Here are some specific questions to help us evaluate our own motives:
1. If no one ever knows what I am doing (giving, serving, sacrificing), would I still do it?
2. If there was no visible payoff for doing this, would I still do it?
3. Would I joyfully take a lesser position if God asked me to?
4. Am I doing this for the praise of others or how it makes me feel?
5. If I had to suffer for continuing what God has called me to do, would I continue?
6. If others misunderstand or criticize my actions, will I stop?
7. If those whom I am serving never show gratitude or repay me in any way, will I still do it?
8. Do I judge my success or failure based upon my faithfulness to what God has asked me to do, or how I compare with others?
Personal satisfactions, such as taking a vacation or winning a competition, are not wrong in themselves.

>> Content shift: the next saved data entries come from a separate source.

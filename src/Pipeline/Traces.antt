-- ===== src/Pipeline/Traces.antt =====
-- The origin of every row and message, over any run.
use miniwallet.Base.{ℕ, String, Option, ◌++◌, All-append, All-intro, IsOneOf-left, All-imp}
use miniwallet.Schemas.{HashInput}
use miniwallet.Events.{EventEnvelope}
use miniwallet.Outbox.Delivery.{All-confirm}
use miniwallet.System as System
use miniwallet.Pipeline.{
  Line, Step, writes, claims, confirms, crashes, recovers, cleans, reads, Run, starts, steps,
  AreDistinct,
}
use miniwallet.Pipeline.Origin.{
  IsFrom, IsOf, IsTraced, publish_all-IsFrom, publish_all-IsOf, claimed-IsFrom, claim_batch-IsFrom,
  recover_stuck_rows-IsFrom, cleanup_published_rows-IsFrom, own_event, IsFrom-grows, IsOf-grows,
  batch-IsFrom,
}

module _ (sha256 : HashInput → String) (json_dumps : EventEnvelope → String)
    (json_loads : String → Option EventEnvelope) (int : String → Option ℕ) (str : ℕ → String) where
  Step-IsTraced :
      {s t : Line} → Step sha256 json_dumps json_loads int str s t → IsTraced s → IsTraced t
  Step-IsTraced {s} (writes events _ e _) h =
      let history = s.db.outbox in
      rw e (record {
        table =
            All-append (IsFrom (events ++ history)) events s.table
              (All-intro (IsFrom (events ++ history)) events
                (λ r mem. own_event (events ++ history) r (IsOneOf-left r events history mem)))
              (All-imp (IsFrom history) (IsFrom (events ++ history)) s.table
                (IsFrom-grows events history) h.table);
        held =
            All-imp (IsFrom history) (IsFrom (events ++ history)) s.held
              (IsFrom-grows events history) h.held;
        log =
            All-imp (IsOf history) (IsOf (events ++ history)) s.log (IsOf-grows events history)
              h.log;
      })
  Step-IsTraced {s} (claims locked) h = record {
    table = claim_batch-IsFrom s.db.outbox locked s.table h.table;
    held =
        All-append (IsFrom s.db.outbox) _ s.held (claimed-IsFrom s.db.outbox locked s.table h.table)
          h.held;
    log = h.log;
  }
  Step-IsTraced {s} (confirms p batch mem) h =
      let from = batch-IsFrom s.db.outbox s.held batch h.held mem in
      record {
        table =
            All-confirm (IsFrom s.db.outbox) _ s.table
              (publish_all-IsFrom s.db.outbox p batch s.log from) h.table;
        held = h.held;
        log = publish_all-IsOf s.db.outbox p batch s.log from h.log;
      }
  Step-IsTraced {s} (crashes p batch mem) h = record {
    table = h.table;
    held = h.held;
    log =
        publish_all-IsOf s.db.outbox p batch s.log
          (batch-IsFrom s.db.outbox s.held batch h.held mem) h.log;
  }
  Step-IsTraced {s} (recovers now) h = record {
    table = recover_stuck_rows-IsFrom s.db.outbox now s.table h.table;
    held = h.held;
    log = h.log;
  }
  Step-IsTraced {s} (cleans now) h = record {
    table = cleanup_published_rows-IsFrom s.db.outbox now s.table h.table;
    held = h.held;
    log = h.log;
  }
  Step-IsTraced {s} (reads m mem) h = record { table = h.table; held = h.held; log = h.log }

  -- Every row that a relay holds or that is in the table is one that a transaction wrote, but for the
  -- relay's columns, and every message in Kafka is that of such a row.
  pub Run-IsTraced : {s : Line} → Run sha256 json_dumps json_loads int str s → IsTraced s
  Run-IsTraced starts = record { table = tt; held = tt; log = tt }
  Run-IsTraced (steps r step) = Step-IsTraced step (Run-IsTraced r)

  pub Run-AreDistinct :
      {s : Line} → Run sha256 json_dumps json_loads int str s → AreDistinct s.db.outbox
  Run-AreDistinct starts = tt
  Run-AreDistinct (steps r (writes _ _ _ d)) = d
  Run-AreDistinct (steps r (claims _)) = Run-AreDistinct r
  Run-AreDistinct (steps r (confirms _ _ _)) = Run-AreDistinct r
  Run-AreDistinct (steps r (crashes _ _ _)) = Run-AreDistinct r
  Run-AreDistinct (steps r (recovers _)) = Run-AreDistinct r
  Run-AreDistinct (steps r (cleans _)) = Run-AreDistinct r
  Run-AreDistinct (steps r (reads _ _)) = Run-AreDistinct r

  pub Run-Reach : {s : Line} → Run sha256 json_dumps json_loads int str s → System.Reach sha256 s.db
  Run-Reach starts = System.starts
  Run-Reach (steps r (writes _ step _ _)) = System.steps (Run-Reach r) step
  Run-Reach (steps r (claims _)) = Run-Reach r
  Run-Reach (steps r (confirms _ _ _)) = Run-Reach r
  Run-Reach (steps r (crashes _ _ _)) = Run-Reach r
  Run-Reach (steps r (recovers _)) = Run-Reach r
  Run-Reach (steps r (cleans _)) = Run-Reach r
  Run-Reach (steps r (reads _ _)) = Run-Reach r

Motivation becomes an issue when we are not honest with ourselves about why we are doing things. When we give the outward appearance of obeying God but our hearts are hard, God knows. We are deceiving ourselves and others, too. The only way we can operate from pure motives is when we “walk in the Spirit” (Galatians 5:16, 25). When we allow Him to control every part of us, then our desire is to please Him and not ourselves. Our flesh constantly clamours to exalt itself, and only when we walk in the Spirit will we not gratify those desires of our flesh.